• EXERCISE PROMPT: Return each line of the entries that mentions the word "else".

(Collected data entries)
• • • • •
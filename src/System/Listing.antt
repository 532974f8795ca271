-- ===== src/System/Listing.antt =====
-- The calls that change the list of active threads, and those that initialise an entry
-- (src/module/clock_main.c).
use task_clock.Common.{
  ℕ, ◌≡◌, ◌≢◌, ◌<◌, ◌-◌, ◌^◌, refl, ◌∙◌, Bool, true, false, not, ◌&&◌, Option, List, [], ◌∷◌, ◌++◌,
  arith, ◌==◌, ltb, if◌then◌else◌, inl, inr, Bool-cases, length, ◌∈◌, ◌∉◌, erase, has, leb,
  Ensures-ok, ok, bug, out_of_bounds, Ensures, Ensures-bind, Ensures-trivial, Ensures-if,
  Ensures-map,
}
use task_clock.Listarray.{Listarray, max_size, getentry, insert, remove}
use task_clock.Listarray.Represents.{Represents}
use task_clock.Listarray.Insert.{insert-bug}
use task_clock.Listarray.Remove.{remove_absent}
use task_clock.Group.{
  PerfEvent, Machine, Context, add64, get_clock_ticks, entry, put_status, clear_entry_state,
  reset_chunk_ticks, mark_as_active, mark_as_inactive,
}
use task_clock.Counter.{logical_clock_update_overflow_period, logical_clock_reset_overflow_period}
use task_clock.Notify.{
  put_group, new_lowest, determine_lowest_and_notify_or_wait, wake_up_if, set_waiting,
}
use task_clock.Handlers.{
  take_lowest, clear_notifying, begin_entry, clear_entry, maps_status, map_status,
  task_clock_entry_init, task_clock_entry_halt, task_clock_entry_activate,
  task_clock_entry_activate_other, task_clock_entry_reset,
}
use task_clock.Handlers.Lists.{IsWellFormed, Marked, mark_as_inactive-erase, mark_as_active-append}
use task_clock.Handlers.Threads.{prepared, prepared-IsWellFormed, announced-ActivatedOther}
use task_clock.System.Quiet.{Quiet-refl, Quiet-trans, Own, Own-if, Own-then, put-Own}
use task_clock.System.Counters.{turn_off-Own, reset_overflow_period-Own, update_overflow_period-Own}
use task_clock.System.Notices.{clear-Own, determine-Own, Own-wake, set_waiting-Own}

-- A removal that returns was that of a member, and an insertion that of a non-member; both are of an
-- index of the array.
remove_beyond :
    (la : Listarray) (a : ℕ)
    → ltb a max_size ≡ false
    → remove la a ≡ (if leb la.count 0 then bug else out_of_bounds)
unfolding remove getentry
remove_beyond la a big = ground arith

insert_beyond : (la : Listarray) (a : ℕ) → ltb a max_size ≡ false → insert la a ≡ out_of_bounds
unfolding insert getentry
insert_beyond la a big = ground arith

fault-Ensures {κ} :
    (P : Listarray → Type κ) (b : Bool) → Ensures P (if b then bug else out_of_bounds)
fault-Ensures P true = tt
fault-Ensures P false = tt

remove_member :
    (la : Listarray) (xs : List ℕ) (a : ℕ) → Represents la xs → Ensures (λ _. a ∈ xs) (remove la a)
remove_member la xs a r = elim (Bool-cases (ltb a max_size)) [
  | inr big ↦
      rw (remove_beyond la a big) (fault-Ensures (λ (_ : Listarray). a ∈ xs) (leb la.count 0))
  | inl small ↦ elim (Bool-cases (has a xs)) [
    | inl mem ↦
        Ensures-map (λ (_ : Listarray). Unit {0}) (λ _. a ∈ xs) (remove la a)
          (Ensures-trivial (remove la a)) (λ _ _. mem)
    | inr out ↦
        rw (remove_absent la xs a r (ground arith) out)
          (fault-Ensures (λ (_ : Listarray). a ∈ xs) (length xs == 0))
  ]
]

insert_member :
    (la : Listarray) (xs : List ℕ) (a : ℕ)
    → Represents la xs
    → Ensures (λ _. (a < max_size) × (a ∉ xs)) (insert la a)
insert_member la xs a r = elim (Bool-cases (ltb a max_size)) [
  | inr big ↦ rw (insert_beyond la a big) tt
  | inl small ↦ elim (Bool-cases (has a xs)) [
    | inl mem ↦ rw (insert-bug la xs a r mem) tt
    | inr out ↦
        Ensures-map (λ (_ : Listarray). Unit {0}) (λ _. (a < max_size) × (a ∉ xs)) (insert la a)
          (Ensures-trivial (insert la a)) (λ _ _. (ground arith, out))
  ]
]

-- What marking a thread leaves, whenever it returns.
module _ (m : Machine) (xs : List ℕ) (w : IsWellFormed m xs) (id : ℕ) where
  abbrev pub MadeInactive : Machine → Type 0
  MadeInactive m' = (id ∈ xs) × IsWellFormed m' (erase id xs) × Marked m xs id true m'

  pub mark_as_inactive-Ensures : Ensures MadeInactive (mark_as_inactive id m)
  unfolding mark_as_inactive
  mark_as_inactive-Ensures = elim (Bool-cases (has id xs)) [
    | inl mem ↦
        let (m', runs, w', k) = mark_as_inactive-erase m xs id w mem in
        Ensures-ok MadeInactive (mark_as_inactive id m) m' runs (mem, w', k)
    | inr out ↦
        Ensures-bind (λ _. id ∈ xs) MadeInactive (remove m.group.active_threads id) _
          (remove_member m.group.active_threads xs id w.listed) (λ la mem. absurd (ground arith))
  ]

  abbrev pub MadeActive : Machine → Type 0
  MadeActive m' =
      (id < max_size) × (id ∉ xs) × IsWellFormed m' (xs ++ (id ∷ [])) × Marked m xs id false m'

  pub mark_as_active-Ensures : Ensures MadeActive (mark_as_active id m)
  unfolding mark_as_active
  mark_as_active-Ensures = elim (Bool-cases (ltb id max_size && not (has id xs))) [
    | inl good ↦
        let (m', runs, w', k) = mark_as_active-append m xs id w (ground arith) (ground arith) in
        Ensures-ok MadeActive (mark_as_active id m) m' runs (ground arith, ground arith, w', k)
    | inr bad ↦
        Ensures-bind (λ _. (id < max_size) × (id ∉ xs)) MadeActive
          (insert m.group.active_threads id) _ (insert_member m.group.active_threads xs id w.listed)
          (λ la good. absurd (ground (arith, good.0, good.1)))
  ]

-- A thread's own calls leave the list as it is, and its members active.
pub Own-IsWellFormed :
    (ctx : Context) (m m' : Machine) (xs : List ℕ)
    → IsWellFormed m xs
    → Own ctx m m'
    → IsWellFormed m' xs
Own-IsWellFormed ctx m m' xs w o = record {
  listed = rw o.list w.listed;
  active = λ i mem. ground (arith, w.active i mem, o.others i, o.inactive);
}

module _ (ctx : Context) (m : Machine) (xs : List ℕ) (w : IsWellFormed m xs) where
  -- What a call leaves that lists the thread `id` at the end, or takes it out: the others' entries.
  abbrev pub OnlyEntry : ℕ → List ℕ → Machine → Type 0
  OnlyEntry id xs' m' = IsWellFormed m' xs' × ((i : ℕ) → id ≢ i → entry m' i ≡ entry m i)

  -- The activated thread was not listed, and one that was not initialised starts just behind the
  -- thread that activates it.
  abbrev pub ActivatedBy : ℕ → Machine → Type 0
  ActivatedBy id m' =
      (id ∉ xs)
      × ((entry m id).initialized ≡ false
          → get_clock_ticks m'.group id ≡ add64 (get_clock_ticks m.group ctx.current) 1)

  pub halt-OnlyEntry :
      Ensures (OnlyEntry ctx.current (erase ctx.current xs)) (task_clock_entry_halt ctx m)
  unfolding task_clock_entry_halt
  halt-OnlyEntry =
      Ensures-bind (MadeInactive m xs w ctx.current) (OnlyEntry ctx.current (erase ctx.current xs))
        (mark_as_inactive ctx.current m) _ (mark_as_inactive-Ensures m xs w ctx.current)
        (λ m₁ (mem, w₁, k).
          Ensures-bind (λ r. Own ctx m₁ r.1) (OnlyEntry ctx.current (erase ctx.current xs))
            (determine_lowest_and_notify_or_wait ctx (ctx.stack 0) m₁) _
            (determine-Own ctx (ctx.stack 0) m₁)
            (λ (tid, m₂) o.
              Ensures-map (Own ctx m₁) (OnlyEntry ctx.current (erase ctx.current xs))
                (wake_up_if tid (set_waiting ctx false m₂))
                (Own-wake ctx m₁ (set_waiting ctx false m₂) tid
                  (Quiet-trans o (set_waiting-Own ctx false m₂)))
                (λ m' o'. (
                  Own-IsWellFormed ctx m₁ m' (erase ctx.current xs) w₁ o',
                  λ i ne. o'.others i ne ∙ k.entries i ∙ ground arith,
                ))))

  take_cleared-Own :
      (low : Option ℕ) (m₂ : Machine) → Own ctx m₂ (take_lowest ctx low (clear_notifying ctx m₂))
  take_cleared-Own low m₂ = ground arith

  pub activate-OnlyEntry :
      Ensures
        (λ m'. OnlyEntry ctx.current (xs ++ (ctx.current ∷ [])) m' × (ctx.current ∉ xs))
        (task_clock_entry_activate ctx m)
  unfolding task_clock_entry_activate
  activate-OnlyEntry =
      let After : Machine → Type 0 =
        λ m'. OnlyEntry ctx.current (xs ++ (ctx.current ∷ [])) m' × (ctx.current ∉ xs) in
      let m₀ = reset_chunk_ticks ctx.current (clear_entry_state ctx m) in
      let cleared : Own ctx m m₀ = Quiet-trans (clear-Own ctx m) (
        put-Own ctx (clear_entry_state ctx m)
          (record (entry (clear_entry_state ctx m) ctx.current) { chunk_ticks = 0 }) refl
          (λ h. h)) in
      let w₀ = Own-IsWellFormed ctx m m₀ xs w cleared in
      Ensures-bind (MadeActive m₀ xs w₀ ctx.current) After (mark_as_active ctx.current m₀) _
        (mark_as_active-Ensures m₀ xs w₀ ctx.current)
        (λ m₁ (lt, out, w₁, k).
          Ensures-bind (Own ctx m₁) After
            (logical_clock_update_overflow_period ctx ctx.current
              (logical_clock_reset_overflow_period ctx ctx.current m₁))
            _
            (Own-then ctx m₁ (logical_clock_reset_overflow_period ctx ctx.current m₁) _
              (reset_overflow_period-Own ctx ctx.current m₁)
              (update_overflow_period-Own ctx
                (logical_clock_reset_overflow_period ctx ctx.current m₁)))
            (λ m₂ o.
              Ensures-bind (λ _. Unit {0}) After
                (new_lowest ctx.in_nmi (clear_notifying ctx m₂).group ctx.current) _
                (Ensures-trivial _)
                (λ low _.
                  let o' = Quiet-trans o (take_cleared-Own low m₂) in
                  (
                    (
                      Own-IsWellFormed ctx m₁ (take_lowest ctx low (clear_notifying ctx m₂))
                          (xs ++ (ctx.current ∷ [])) w₁ o',
                      λ i ne. o'.others i ne ∙ k.entries i ∙ ground arith,
                    ),
                    out,
                  ))))

  pub activate_other-OnlyEntry :
      (id : ℕ)
      → Ensures
          (λ m'. OnlyEntry id (xs ++ (id ∷ [])) m' × ActivatedBy id m')
          (task_clock_entry_activate_other ctx id m)
  unfolding task_clock_entry_activate_other
  activate_other-OnlyEntry id =
      let w₀ = prepared-IsWellFormed ctx m xs id w in
      Ensures-bind (MadeActive (prepared ctx m xs id) xs w₀ id) _
        (mark_as_active id (prepared ctx m xs id)) _
        (mark_as_active-Ensures (prepared ctx m xs id) xs w₀ id)
        (λ m₁ (lt, out, w₁, k).
          let a = announced-ActivatedOther ctx m xs id m₁ w₁ k in
          ((a.well_formed, a.others), (out, a.clock)))

  begin_entry-OnlyEntry : (event : PerfEvent) → OnlyEntry ctx.current xs (begin_entry ctx event m)
  unfolding begin_entry
  begin_entry-OnlyEntry event = (
    record { listed = ground (arith, w.listed); active = λ i mem. ground (arith, w.active i mem) },
    λ i ne. ground arith,
  )

  clear_entry-Own : (m₁ : Machine) → Own ctx m₁ (clear_entry ctx m₁)
  unfolding clear_entry
  clear_entry-Own m₁ =
      Quiet-trans (put-Own ctx m₁ (record (entry m₁ ctx.current) { chunk_ticks = 0 }) refl (λ h. h))
        (Quiet-trans (clear-Own ctx (reset_chunk_ticks ctx.current m₁))
          (turn_off-Own ctx (clear_entry_state ctx (reset_chunk_ticks ctx.current m₁))))

  map_status-Own : (m₁ : Machine) → Own ctx m₁ (map_status ctx m₁)
  unfolding map_status
  map_status-Own m₁ =
      Own-if ctx m₁ (maps_status ctx m₁)
        (put_group (record (m₁.group) { user_status_arr = true }) m₁) m₁
        (record { others = λ i ne. refl; list = refl; initialized = refl; inactive = λ h. h })
        (Quiet-refl ctx.current m₁.group)

  pub entry_init-OnlyEntry :
      (event : PerfEvent) (pte_found : Bool)
      → Ensures (OnlyEntry ctx.current xs) (task_clock_entry_init ctx event pte_found m)
  unfolding task_clock_entry_init
  entry_init-OnlyEntry event pte_found =
      let m₁ = begin_entry ctx event m in
      let m₂ = map_status ctx (clear_entry ctx m₁) in
      let o : Own ctx m₁ m₂ =
        Quiet-trans (clear_entry-Own m₁) (map_status-Own (clear_entry ctx m₁)) in
      let (w₁, same) = begin_entry-OnlyEntry event in
      let m₃ =
        put_status m₂ ctx.current (record (m₂.status ctx.current) { hwc_idx = 2 ^ 32 - 1 }) in
      Ensures-if (OnlyEntry ctx.current xs) (maps_status ctx (clear_entry ctx m₁) && not pte_found)
        bug (ok m₃) tt (Own-IsWellFormed ctx m₁ m₃ xs w₁ o, λ i ne. o.others i ne ∙ same i ne)

  pub reset-OnlyEntry : OnlyEntry ctx.current xs (task_clock_entry_reset ctx m)
  unfolding task_clock_entry_reset
  reset-OnlyEntry = (
    record { listed = w.listed; active = λ i mem. ground (arith, w.active i mem) },
    λ i ne. ground arith,
  )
• • • • •
• ANSWER SPACE:
  arith, ◌==◌, ltb, if◌then◌else◌, inl, inr, Bool-cases, length, ◌∈◌, ◌∉◌, erase, has, leb,
    → remove la a ≡ (if leb la.count 0 then bug else out_of_bounds)
    (P : Listarray → Type κ) (b : Bool) → Ensures P (if b then bug else out_of_bounds)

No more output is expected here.